Continúan en este librito páginas que son pura poesía, prosa de una expresión gentil y profunda y luminosa como tarde de verano lejos de la gran ciudad. No es W. un esteta, sino en el fondo un alma religiosa que camina impelido por una necesidad ineludible por senderos laterales. De algún modo es un pintor que escribe y que desea eternizar lo que ve con sentido admirativo y respetuoso. Actitudes impensables hoy en día.

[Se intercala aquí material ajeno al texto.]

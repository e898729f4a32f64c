-- ===== src/EthTx/Carrier.antt =====
-- Carrier sense and back-off of src/eth_tx.rs.
use pico_10base_t_rs.Prelude.{
  ℕ, zero, suc, ◌+◌, ◌-◌, ◌*◌, ◌/◌, ◌%◌, ◌^◌, ◌≤◌, ◌<◌, ◌≡◌, ◌≢◌, refl, ap, sym, ◌∙◌, inl, inr,
  Bool, true, false, ◌==◌, arith, bit_xor, bit_xor_step, bit_xor_bounds, bit_and, Bool-cases, subst,
  if-false, [], ◌∷◌, ◌++◌,
}
use pico_10base_t_rs.EthTx.{
  EthTx, xor_shl, xor_shr, next_rand, wait_loop, wait_carrier_idle, after_wait, back_off, csma_loop,
  csma_acquire,
}

-- Two numbers whose exclusive or is 0 are equal.
bit_xor_zero_to : (n a b : ℕ) → a ≤ n → b ≤ n → bit_xor a b ≡ 0 → a ≡ b
bit_xor_zero_to zero a b p q h = omega arith
bit_xor_zero_to (suc n) a b p q h =
    let step = bit_xor_step a b in
    omega (
      arith,
      step,
      bit_xor_zero_to n (a / 2) (b / 2) (omega arith) (omega arith) (omega (arith, step)),
    )

bit_xor_zero : (a b : ℕ) → bit_xor a b ≡ 0 → a ≡ b
bit_xor_zero a b h = bit_xor_zero_to (a + b) a b (omega arith) (omega arith) h

-- A generator state: 32 bits, and not the fixed point 0.
abbrev pub IsSeed : ℕ → Type 0
IsSeed x = (x ≢ 0) × (x < 2 ^ 32)

shl_thirteen : (x : ℕ) → x < 2 ^ 32 → x ≡ x * 2 ^ 13 % 2 ^ 32 → x ≡ 0
shl_thirteen x h e = omega arith

shl_five : (x : ℕ) → x < 2 ^ 32 → x ≡ x * 2 ^ 5 % 2 ^ 32 → x ≡ 0
shl_five x h e = omega arith

shr_seventeen : (x : ℕ) → x ≡ x / 2 ^ 17 → x ≡ 0
shr_seventeen x e = omega arith

pub next_rand-IsSeed : (x : ℕ) → IsSeed x → IsSeed (next_rand x)
unfolding next_rand
next_rand-IsSeed x (ne, small) =
    let a = xor_shl x 13 in
    let b = xor_shr a 17 in
    let a_small : a < 2 ^ 32 = bit_xor_bounds 32 x (x * 2 ^ 13 % 2 ^ 32) small (omega arith) in
    let b_small : b < 2 ^ 32 = bit_xor_bounds 32 a (a / 2 ^ 17) a_small (omega arith) in
    (
      λ e.
          let b_zero : b ≡ 0 = shl_five b b_small (bit_xor_zero b (b * 2 ^ 5 % 2 ^ 32) e) in
          let a_zero : a ≡ 0 = shr_seventeen a (bit_xor_zero a (a / 2 ^ 17) b_zero) in
          ne (shl_thirteen x small (bit_xor_zero x (x * 2 ^ 13 % 2 ^ 32) a_zero)),
      bit_xor_bounds 32 b (b * 2 ^ 5 % 2 ^ 32) b_small (omega arith),
    )

-- The spins of a wait, `spins` of them done.
abbrev pub IsWaited : (ℕ → Bool) → ℕ → ℕ → ℕ → Type 0
IsWaited carrier now cap spins =
    (spins ≤ cap)
    × ((j : ℕ) → j < spins → carrier (now + j) ≡ true)
    × (spins < cap → carrier (now + spins) ≡ false)

wait_loop-IsWaited :
    (carrier : ℕ → Bool) (now left spins : ℕ)
    → ((j : ℕ) → j < spins → carrier (now + j) ≡ true)
    → IsWaited carrier now (spins + left) (wait_loop carrier left (now + spins) spins)
unfolding wait_loop
wait_loop-IsWaited carrier now zero spins busy = (omega arith, busy, λ lt. absurd (omega arith))
wait_loop-IsWaited carrier now (suc left) spins busy = elim (Bool-cases (carrier (now + spins))) [
  | inr idle ↦ rw idle (omega arith, busy, λ lt. idle)
  | inl taken ↦
      let more : (j : ℕ) → j < spins + 1 → carrier (now + j) ≡ true = λ j lt.
        elim (Bool-cases (j == spins)) [
          | inl here ↦
              let same : j ≡ spins = ground arith in ap (λ k. carrier (now + k)) same ∙ taken
          | inr before ↦ busy j (ground arith)
        ] in
      let on : now + (spins + 1) ≡ now + spins + 1 = omega arith in
      let cap : spins + 1 + left ≡ spins + suc left = omega arith in
      rw taken (
        subst (λ k. IsWaited carrier now (spins + suc left) (wait_loop carrier left k (spins + 1)))
          on
          (subst
            (λ k. IsWaited carrier now k (wait_loop carrier left (now + (spins + 1)) (spins + 1)))
            cap (wait_loop-IsWaited carrier now left (spins + 1) more)))
]

-- The wait spins exactly as long as the carrier is seen, and 200000 times at most.
pub wait_carrier_idle-IsWaited :
    (carrier : ℕ → Bool) (now : ℕ) → IsWaited carrier now 200000 (wait_carrier_idle carrier now)
unfolding wait_carrier_idle
wait_carrier_idle-IsWaited carrier now =
    let from : now + 0 ≡ now = omega arith in
    subst (λ k. IsWaited carrier now 200000 (wait_loop carrier 200000 k 0)) from
      (wait_loop-IsWaited carrier now 200000 0 (λ j lt. absurd (omega arith)))

-- One attempt, up to the reading that senses the wire again: a wait, whose last reading is the idle
-- one or the 200000th busy one; a step of the generator; a delay of 240 cycles for each slot that its
-- low four bits give, and none for no slot; and one more reading.
pub record IsAttempt (carrier : ℕ → Bool) (s s' : EthTx) : Type 0 where
  pub spins : ℕ
  pub waited : IsWaited carrier s.readings 200000 spins
  pub idle_seen : spins < 200000 → s'.readings ≡ s.readings + spins + 2
  pub given_up : spins ≡ 200000 → s'.readings ≡ s.readings + spins + 1
  pub stepped : s'.lfsr ≡ next_rand s.lfsr
  pub no_slot : bit_and s'.lfsr 0x0F ≡ 0 → s'.delays ≡ s.delays
  pub slots : bit_and s'.lfsr 0x0F ≢ 0 → s'.delays ≡ s.delays ++ (bit_and s'.lfsr 0x0F * 240 ∷ [])
  pub same_line : s'.line ≡ s.line
  pub same_identifier : s'.ip_identifier ≡ s.ip_identifier

-- At most so many attempts: the first whose last reading finds the wire idle is the last one, and
-- without one all are used.
pub data IsAcquired (carrier : ℕ → Bool) : ℕ → EthTx → EthTx → Type 0 where
  used_up : (s : EthTx) → IsAcquired carrier 0 s s
  idle :
      (left : ℕ) (s s' : EthTx)
      → IsAttempt carrier s s'
      → carrier (s'.readings - 1) ≡ false
      → IsAcquired carrier (suc left) s s'
  busy :
      (left : ℕ) (s s' r : EthTx)
      → IsAttempt carrier s s'
      → carrier (s'.readings - 1) ≡ true
      → IsAcquired carrier left s' r
      → IsAcquired carrier (suc left) s r

-- The state after an attempt.
abbrev sensed : (ℕ → Bool) → EthTx → EthTx
sensed carrier s = record (back_off carrier s) { readings = (back_off carrier s).readings + 1 }

sensed-IsAttempt : (carrier : ℕ → Bool) (s : EthTx) → IsAttempt carrier s (sensed carrier s)
unfolding back_off after_wait
sensed-IsAttempt carrier s =
    let x = next_rand s.lfsr in
    record {
      spins = wait_carrier_idle carrier s.readings;
      waited = wait_carrier_idle-IsWaited carrier s.readings;
      idle_seen = λ lt. ground arith;
      given_up = λ e. ground arith;
      stepped = refl;
      no_slot = λ e. ground arith;
      slots = λ ne. if-false (bit_and x 0x0F == 0) _ _ (ground arith);
      same_line = refl;
      same_identifier = refl;
    }

csma_loop-IsAcquired :
    (carrier : ℕ → Bool) (left : ℕ) (s : EthTx)
    → IsAcquired carrier left s (csma_loop carrier left s)
unfolding csma_loop
csma_loop-IsAcquired carrier zero s = used_up s
csma_loop-IsAcquired carrier (suc left) s =
    let sense = (back_off carrier s).readings in
    let last : sense + 1 - 1 ≡ sense = omega arith in
    elim (Bool-cases (carrier sense)) [
      | inr quiet ↦
          rw quiet
            (idle left s (sensed carrier s) (sensed-IsAttempt carrier s) (ap carrier last ∙ quiet))
      | inl taken ↦ rw taken (
          busy left s (sensed carrier s) (csma_loop carrier left (sensed carrier s))
            (sensed-IsAttempt carrier s) (ap carrier last ∙ taken)
            (csma_loop-IsAcquired carrier left (sensed carrier s)))
    ]

attempt-IsSeed :
    (carrier : ℕ → Bool) (s s' : EthTx) → IsAttempt carrier s s' → IsSeed s.lfsr → IsSeed s'.lfsr
attempt-IsSeed carrier s s' a h = subst IsSeed (sym a.stepped) (next_rand-IsSeed s.lfsr h)

acquired-IsSeed :
    (carrier : ℕ → Bool) (left : ℕ) (s r : EthTx)
    → IsAcquired carrier left s r
    → IsSeed s.lfsr
    → IsSeed r.lfsr
acquired-IsSeed carrier _ _ _ (used_up s) h = h
acquired-IsSeed carrier _ _ _ (idle left s s' a e) h = attempt-IsSeed carrier s s' a h
acquired-IsSeed carrier _ _ _ (busy left s s' r a e rest) h =
    acquired-IsSeed carrier left s' r rest (attempt-IsSeed carrier s s' a h)

-- From a generator state of 32 bits that is not 0: the acquisition makes at most ten attempts, and
-- another one only if the last reading of the one before finds the wire busy. Each attempt waits until
-- a reading finds the wire idle, for 200000 busy readings at most, steps the generator, delays by 240
-- cycles for each slot that the low four bits of its state give, and reads the wire again. The
-- generator state is still of 32 bits and not 0.
pub csma_acquire-IsAcquired :
    (carrier : ℕ → Bool) (s : EthTx)
    → IsSeed s.lfsr
    → IsAcquired carrier 10 s (csma_acquire carrier s) × IsSeed ((csma_acquire carrier s).lfsr)
unfolding csma_acquire
csma_acquire-IsAcquired carrier s seed =
    let got = csma_loop-IsAcquired carrier 10 s in
    (got, acquired-IsSeed carrier 10 s (csma_acquire carrier s) got seed)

Dice Kierkegaard que “un poeta, por lo general, es una excepción”, y que éste representa ”el tránsito hacia las auténticas excepciones aristocráticas, esto es, las religiosas”. Careciente de la religión, W. se refugió de la marea del mundo moderno que empezaba a triunfar en todas partes, en la poesía que le suscitaban los bosques alpinos de su pequeña Suiza y, más tarde, los alrededores de la clínica psiquiátrica que lo albergó durante sus últimos veintitrés años. Enajenado como Van Gogh, precisamente por carecer del centro unificador e inmóvil del catolicismo, en una sociedad protestante incapaz de darle cobijo, errabundo y ermitaño, pobre invariablemente, tironeado entre el paseo romántico y la búsqueda de precisión y concisión, quiso extender ese cielo de los niños que se pierde en esta vida para recuperarlo en la otra. Esa nostalgia que acompaña la obra pequeña de Walser es el misterio que custodian hasta el fin los artistas verdaderos.